▶ [Exercise materials]:
[Start of Attachment]

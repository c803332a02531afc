-- ===== src/Errors/Reasons.antt =====
-- The reason tables of `MapReasons`.
use grpc_composition.Common.{
  ℕ, suc, ◌≡◌, refl, inl, inr, List, [], ◌∷◌, Option, none, some, arith, Text, leb, if◌then◌else◌,
  text_eq_iff, is_empty, Option-cases, lookup, insert, lookup-insert, NodupKeys, last_some, or_else,
  or_option,
}
use grpc_composition.Std.Http.{status_text}
use grpc_composition.Problem.{
  ProblemDetails, blank_problem, ErrorInfo, Detail, bad_request, error_info, other_detail, Status,
  problem,
}
use grpc_composition.Host.{Host, Err, ErrorMapper}
use grpc_composition.Errors.{
  internal_error, error_info_of, ReasonMapping, copy_reasons, reason_detail, map_reasons,
}
use grpc_composition.Errors.Details.{
  violations, reason_in, type_in, metadata_in, populate_details_lem,
}

abbrev pub Table : Type 0
Table = List (Text × ReasonMapping)

-- The copy holds at each key what the table holds there.
lookup-copy_reasons :
    (k : Text) (reasons table : Table)
    → NodupKeys table
    → lookup k (copy_reasons reasons table) ≡ or_option (lookup k table) (lookup k reasons)
unfolding copy_reasons lookup
lookup-copy_reasons k reasons [] u = refl
lookup-copy_reasons k reasons ((j, m) ∷ table) (fresh, u) =
    rw (lookup-copy_reasons k (insert j m reasons) table u, lookup-insert j k m reasons)
      (ground (arith, text_eq_iff j k, fresh))

insert-NodupKeys :
    (k : Text) (m : ReasonMapping) (t : Table) → NodupKeys t → NodupKeys (insert k m t)
unfolding insert lookup
insert-NodupKeys k m [] u = (refl, tt)
insert-NodupKeys k m ((j, w) ∷ t) (fresh, u) =
    ground
      (arith, insert-NodupKeys k m t u, lookup-insert k j m t, text_eq_iff j k, text_eq_iff k j)

copy_reasons-NodupKeys :
    (reasons table : Table) → NodupKeys reasons → NodupKeys (copy_reasons reasons table)
unfolding copy_reasons
copy_reasons-NodupKeys reasons [] u = u
copy_reasons-NodupKeys reasons ((j, m) ∷ table) u =
    copy_reasons-NodupKeys (insert j m reasons) table (insert-NodupKeys j m reasons u)

-- The table of `over` on top of the table `under`, as `maps.Copy(under, over)` leaves it.
abbrev pub merge : Table → Table → Table
merge over under = copy_reasons under over

-- How many `ErrorInfo` details there are.
abbrev pub infos : List Detail → ℕ
infos [] = 0
infos (error_info _ ∷ ds) = suc (infos ds)
infos (bad_request _ ∷ ds) = infos ds
infos (other_detail ∷ ds) = infos ds

lookup-copy_reasons_nil :
    (k : Text) (table : Table) → NodupKeys table → lookup k (copy_reasons [] table) ≡ lookup k table
unfolding lookup
lookup-copy_reasons_nil k table u = rw (lookup-copy_reasons k [] table u) (ground arith)

last-reason_none : (ds : List Detail) → infos ds ≡ 0 → last_some reason_in ds ≡ none
last-reason_none [] h = refl
last-reason_none (error_info _ ∷ ds) h = absurd (omega arith)
last-reason_none (bad_request _ ∷ ds) h = rw (last-reason_none ds h)
last-reason_none (other_detail ∷ ds) h = rw (last-reason_none ds h)

last-reason_single :
    (ds : List Detail) (info : ErrorInfo)
    → error_info_of ds ≡ some info
    → infos ds ≡ 1
    → last_some reason_in ds ≡ some info.reason
unfolding error_info_of
last-reason_single [] info first h = cc
last-reason_single (error_info v ∷ ds) info first h =
    rw (last-reason_none ds (omega arith)) (ground arith)
last-reason_single (bad_request _ ∷ ds) info first h = rw (last-reason_single ds info first h)
last-reason_single (other_detail ∷ ds) info first h = rw (last-reason_single ds info first h)

module _ (H : Host) where
  -- Stacked vocabularies: a table that falls back to another table maps every error as the one
  -- merged table does, in which the outer table's entries take precedence. Neither table has a key
  -- twice.
  pub map_reasons-merge :
      (over under : Table) (fallback : Option (ErrorMapper H)) (e : Err H)
      → NodupKeys over
      → NodupKeys under
      → map_reasons H over (some (map_reasons H under fallback)) e
        ≡ map_reasons H (merge over under) fallback e
  unfolding map_reasons
  map_reasons-merge over under fallback e u v = elim (Option-cases (H.from_error e)) [
    | inl absent ↦ ground arith
    | inr (st, found) ↦ elim (Option-cases (error_info_of st.details)) [
      | inl bare ↦ ground arith
      | inr (info, first) ↦
          let key = info.reason in
          ground (
            arith,
            lookup-copy_reasons_nil key over u,
            lookup-copy_reasons_nil key under v,
            lookup-copy_reasons key under over u,
            lookup-copy_reasons_nil key (merge over under) (copy_reasons-NodupKeys under over v),
          )
    ]
  ]

  -- An error whose first `ErrorInfo` has a reason of the table is answered with the table's status.
  -- The detail is the table's; where the table has none, it is "internal error" at a status of 500
  -- or above and the upstream message below. The other members are those that the details give,
  -- where a later `ErrorInfo` overrides the first one. The table has no key twice.
  pub map_reasons-detail :
      (table : Table) (fallback : Option (ErrorMapper H)) (e : Err H) (st : Status)
      (info : ErrorInfo) (m : ReasonMapping)
      → NodupKeys table
      → H.from_error e ≡ some st
      → error_info_of st.details ≡ some info
      → lookup info.reason table ≡ some m
      → map_reasons H table fallback e ≡ (
        m.status,
        problem (record {
          type_uri = or_else (last_some type_in st.details) [];
          title = status_text m.status;
          status = m.status;
          detail =
              if is_empty m.detail
              then (if leb 500 m.status then internal_error else st.message)
              else m.detail;
          instance_uri = [];
          reason = or_else (last_some reason_in st.details) [];
          errors = violations st.details;
          metadata = or_else (last_some metadata_in st.details) [];
        }),
      )
  unfolding map_reasons reason_detail
  map_reasons-detail table fallback e st info m u found first hit = ground (
    arith,
    lookup-copy_reasons_nil info.reason table u,
    populate_details_lem
        (record (blank_problem m.status (status_text m.status)) {
          detail = reason_detail m st.message;
        })
        st.details,
  )

  -- The body of a matched reason is a problem with the table's status that names the reason that
  -- was looked up, provided that the status carries one `ErrorInfo`. The table has no key twice.
  map_reasons-reason :
      (table : Table) (fallback : Option (ErrorMapper H)) (e : Err H) (st : Status)
      (info : ErrorInfo) (m : ReasonMapping)
      → NodupKeys table
      → H.from_error e ≡ some st
      → error_info_of st.details ≡ some info
      → infos st.details ≡ 1
      → lookup info.reason table ≡ some m
      → (p : ProblemDetails) × (map_reasons H table fallback e ≡ (m.status, problem p))
        × (p.reason ≡ info.reason)
        × (p.status ≡ m.status)
  map_reasons-reason table fallback e st info m u found first one hit = (
    _,
    map_reasons-detail table fallback e st info m u found first hit,
    rw (last-reason_single st.details info first one),
    refl,
  )
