-- ===== src/Forward/Values.antt =====
-- Which values reach the services as metadata.
use grpc_composition.Common.{
  All, Any, ◌≢◌, is_empty, ℕ, ◌≡◌, refl, sym, ap, ◌∙◌, ◌⊎◌, inl, inr, Bool, true, false, List, [],
  ◌∷◌, ◌++◌, map, append-nil, append_assoc, arith, Text, ◌==◌, ==_iff, if◌then◌else◌, text_eq,
  Bool-cases,
}
use grpc_composition.Std.Strings.{to_lower, lower_byte}
use grpc_composition.Std.Http.{HeaderMap, header_values, all_valid, canonical_key-to_lower}
use grpc_composition.Host.{Host, Request}
use grpc_composition.Forward.{
  Metadata, IsLawful, add_forwarded, append_values, append_headers, forward_metadata,
}

-- The values that the allowlist gives to the key `j`: those of each header whose lower-case name is
-- the key, in the order of the list.
abbrev pub collected : HeaderMap → List Text → Text → List Text
collected header [] j = []
collected header (h ∷ hs) j =
    (if text_eq (to_lower h) j then header_values header h else []) ++ collected header hs j

lower_byte_idem : (c : ℕ) → lower_byte (lower_byte c) ≡ lower_byte c
unfolding lower_byte
lower_byte_idem c = ground arith

to_lower_idem : (s : Text) → to_lower (to_lower s) ≡ to_lower s
unfolding to_lower
to_lower_idem [] = refl
to_lower_idem (c ∷ s) = rw (lower_byte_idem c) (ap (λ t. lower_byte c ∷ t) (to_lower_idem s))

add_forwarded_lem :
    (allowed headers : List Text) → add_forwarded allowed headers ≡ allowed ++ map to_lower headers
unfolding add_forwarded
add_forwarded_lem allowed [] = sym (append-nil allowed)
add_forwarded_lem allowed (h ∷ hs) =
    add_forwarded_lem (allowed ++ (to_lower h ∷ [])) hs
    ∙ append_assoc allowed (to_lower h ∷ []) (map to_lower hs)

header_values-to_lower :
    (header : HeaderMap) (h : Text)
    → all_valid h ≡ true
    → header_values header (to_lower h) ≡ header_values header h
unfolding header_values
header_values-to_lower header h valid = rw (canonical_key-to_lower h valid)

-- The names of the allowlist stand for the same headers in lower case.
collected-map-to_lower :
    (header : HeaderMap) (hs : List Text) (j : Text)
    → All (λ h. all_valid h ≡ true) hs
    → collected header (map to_lower hs) j ≡ collected header hs j
collected-map-to_lower header [] j valid = refl
collected-map-to_lower header (h ∷ hs) j valid = rw (
  to_lower_idem h,
  header_values-to_lower header h valid.0,
  collected-map-to_lower header hs j valid.1,
)

-- No header of the list has a value in the request, or one of them has.
abbrev pub IsAbsent : HeaderMap → List Text → Type 0
IsAbsent header hs = All (λ h. header_values header h ≡ []) hs

abbrev pub IsPresent : HeaderMap → List Text → Type 0
IsPresent header hs = Any (λ h. header_values header h ≢ []) hs

nil-cases : (vs : List Text) → (vs ≡ []) ⊎ (vs ≢ [])
nil-cases [] = inl refl
nil-cases (v ∷ vs) = inr (λ h. cc)

IsPresent-cases : (header : HeaderMap) (hs : List Text) → IsAbsent header hs ⊎ IsPresent header hs
IsPresent-cases header [] = inl tt
IsPresent-cases header (h ∷ hs) = elim (nil-cases (header_values header h)) [
  | inr there ↦ inr (inl there)
  | inl missing ↦ elim (IsPresent-cases header hs) [
    | inl absent ↦ inl (missing, absent)
    | inr present ↦ inr (inr present)
  ]
]

-- The two exclude each other, also where the names are in lower case.
IsPresent-map-to_lower :
    (header : HeaderMap) (hs : List Text)
    → All (λ h. all_valid h ≡ true) hs
    → IsPresent header hs
    → IsAbsent header (map to_lower hs)
    → ⊥
IsPresent-map-to_lower header [] valid present absent = present
IsPresent-map-to_lower header (h ∷ hs) valid (inl there) absent =
    there (sym (header_values-to_lower header h valid.0) ∙ absent.0)
IsPresent-map-to_lower header (h ∷ hs) valid (inr present) absent =
    IsPresent-map-to_lower header hs valid.1 present absent.1

module _ {H : Host} (M : Metadata H) (law : IsLawful M) where
  get-append_values :
      (md : M.Md) (h : Text) (vs : List Text) (j : Text)
      → M.get (append_values M md h vs) j
        ≡ M.get md j ++ (if text_eq (to_lower h) j then vs else [])
  unfolding append_values
  get-append_values md h [] j = elim (Bool-cases (text_eq (to_lower h) j)) [
    | inl e ↦ rw e (sym (append-nil (M.get md j)))
    | inr e ↦ rw e (sym (append-nil (M.get md j)))
  ]
  get-append_values md h (v ∷ vs) j =
      get-append_values (M.append md h v) h vs j
      ∙ (rw law.get-append (added (text_eq (to_lower h) j)))
    where
      added :
          (same : Bool)
          → (if same then M.get md j ++ (v ∷ []) else M.get md j) ++ (if same then vs else [])
            ≡ M.get md j ++ (if same then v ∷ vs else [])
      added true = append_assoc (M.get md j) (v ∷ []) vs
      added false = refl

  get-append_headers :
      (header : HeaderMap) (md : M.Md) (hs : List Text) (j : Text)
      → M.get (append_headers M header md hs) j ≡ M.get md j ++ collected header hs j
  unfolding append_headers
  get-append_headers header md [] j = sym (append-nil (M.get md j))
  get-append_headers header md (h ∷ hs) j =
      get-append_headers header (append_values M md h (header_values header h)) hs j
      ∙ (rw (get-append_values, append_assoc))

  size-append_values :
      (md : M.Md) (h : Text) (vs : List Text)
      → M.size (append_values M md h vs) ≡ 0
      → (vs ≡ []) × (M.size md ≡ 0)
  unfolding append_values
  size-append_values md h [] e = (refl, e)
  size-append_values md h (v ∷ vs) e =
      absurd (law.size-append md h v (size-append_values (M.append md h v) h vs e).1)

  size-append_headers :
      (header : HeaderMap) (md : M.Md) (hs : List Text)
      → M.size (append_headers M header md hs) ≡ 0
      → All (λ h. header_values header h ≡ []) hs × (M.size md ≡ 0)
  unfolding append_headers
  size-append_headers header md [] e = (tt, e)
  size-append_headers header md (h ∷ hs) e =
      let later = size-append_headers header (append_values M md h (header_values header h)) hs e in
      let now = size-append_values md h (header_values header h) later.1 in
      ((now.0, later.0), now.1)

  append_headers_absent :
      (header : HeaderMap) (md : M.Md) (hs : List Text)
      → All (λ h. all_valid h ≡ true) hs
      → IsAbsent header hs
      → append_headers M header md (map to_lower hs) ≡ md
  unfolding append_headers append_values
  append_headers_absent header md [] valid absent = refl
  append_headers_absent header md (h ∷ hs) valid absent =
      ap (λ vs. append_headers M header (append_values M md (to_lower h) vs) (map to_lower hs))
        (header_values-to_lower header h valid.0 ∙ absent.0)
      ∙ append_headers_absent header md hs valid.1 absent.1

  module _ (headers : List Text) (r : Request H)
      (valid : All (λ h. all_valid h ≡ true) headers) where
    md : M.Md
    md = append_headers M r.header M.new_md (map to_lower headers)

    forward_metadata_absent :
        IsAbsent r.header headers → forward_metadata M (map to_lower headers) r ≡ r
    unfolding forward_metadata
    forward_metadata_absent absent = elim (Bool-cases (is_empty (map to_lower headers))) [
      | inl nothing ↦ rw (forward_metadata, nothing)
      | inr some_listed ↦ rw (
        forward_metadata,
        some_listed,
        append_headers_absent r.header M.new_md headers valid absent,
        law.size-new,
      )
    ]

    forward_metadata_present :
        IsPresent r.header headers
        → forward_metadata M (map to_lower headers) r ≡ record r { context = M.attach r.context md }
    unfolding forward_metadata md
    forward_metadata_present present = elim (Bool-cases (is_empty (map to_lower headers))) [
      | inl nothing ↦ absurd (nothing_listed headers nothing present)
      | inr some_listed ↦ elim (Bool-cases (M.size md == 0)) [
        | inl none_sent ↦ absurd (
            IsPresent-map-to_lower r.header headers valid present
              (size-append_headers r.header M.new_md (map to_lower headers)
                ((==_iff (M.size md) 0).0 none_sent)).0)
        | inr some_sent ↦ rw (forward_metadata, some_listed, some_sent)
      ]
    ]
      where
        nothing_listed :
            (hs : List Text) → is_empty (map to_lower hs) ≡ true → IsPresent r.header hs → ⊥
        nothing_listed [] e h = h
        nothing_listed (x ∷ xs) e h = cc

    get-md : (j : Text) → M.get md j ≡ collected r.header headers j
    unfolding md
    get-md j =
        get-append_headers r.header M.new_md (map to_lower headers) j
        ∙ (rw law.get-new (collected-map-to_lower r.header headers j valid))

  -- An App with the allowlist `headers`, of names that are tokens, whatever the case in which they
  -- are listed: a request in which none of these headers has a value is handed on as it is. One in
  -- which some of them has a value is handed on with the values of these headers as metadata, and only
  -- its context changed: the key `j` has those of each listed name that is `j` in lower case, in the
  -- order of the list.
  pub forward_metadata_lem :
      (headers : List Text) (r : Request H)
      → All (λ h. all_valid h ≡ true) headers
      → let sent = forward_metadata M (add_forwarded [] headers) r in
        (IsAbsent r.header headers × (sent ≡ r))
        ⊎ (IsPresent r.header headers
            × (md : M.Md) × (sent ≡ record r { context = M.attach r.context md })
            × ((j : Text) → M.get md j ≡ collected r.header headers j))
  forward_metadata_lem headers r valid =
      rw add_forwarded_lem (elim (IsPresent-cases r.header headers) [
        | inl absent ↦ inl (absent, forward_metadata_absent headers r valid absent)
        | inr present ↦ inr (
          present,
          md headers r valid,
          forward_metadata_present headers r valid present,
          get-md headers r valid,
        )
      ])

[End of Attachment]

▶ [Aim of the task]: Lines to set down from above: the line with "inr e ↦ rw e", the line with "to_lower hs) ≡ md", and every line between, each exactly as written.

▶ [Expected output]:
    | inr e ↦ rw e (sym (append-nil (M.get md j)))
  ]
  get-append_values md h (v ∷ vs) j =
      get-append_values (M.append md h v) h vs j
      ∙ (rw law.get-append (added (text_eq (to_lower h) j)))
    where
      added :
          (same : Bool)
          → (if same then M.get md j ++ (v ∷ []) else M.get md j) ++ (if same then vs else [])
            ≡ M.get md j ++ (if same then v ∷ vs else [])
      added true = append_assoc (M.get md j) (v ∷ []) vs
      added false = refl

  get-append_headers :
      (header : HeaderMap) (md : M.Md) (hs : List Text) (j : Text)
      → M.get (append_headers M header md hs) j ≡ M.get md j ++ collected header hs j
  unfolding append_headers
  get-append_headers header md [] j = sym (append-nil (M.get md j))
  get-append_headers header md (h ∷ hs) j =
      get-append_headers header (append_values M md h (header_values header h)) hs j
      ∙ (rw (get-append_values, append_assoc))

  size-append_values :
      (md : M.Md) (h : Text) (vs : List Text)
      → M.size (append_values M md h vs) ≡ 0
      → (vs ≡ []) × (M.size md ≡ 0)
  unfolding append_values
  size-append_values md h [] e = (refl, e)
  size-append_values md h (v ∷ vs) e =
      absurd (law.size-append md h v (size-append_values (M.append md h v) h vs e).1)

  size-append_headers :
      (header : HeaderMap) (md : M.Md) (hs : List Text)
      → M.size (append_headers M header md hs) ≡ 0
      → All (λ h. header_values header h ≡ []) hs × (M.size md ≡ 0)
  unfolding append_headers
  size-append_headers header md [] e = (tt, e)
  size-append_headers header md (h ∷ hs) e =
      let later = size-append_headers header (append_values M md h (header_values header h)) hs e in
      let now = size-append_values md h (header_values header h) later.1 in
      ((now.0, later.0), now.1)

  append_headers_absent :
      (header : HeaderMap) (md : M.Md) (hs : List Text)
      → All (λ h. all_valid h ≡ true) hs
      → IsAbsent header hs
      → append_headers M header md (map to_lower hs) ≡ md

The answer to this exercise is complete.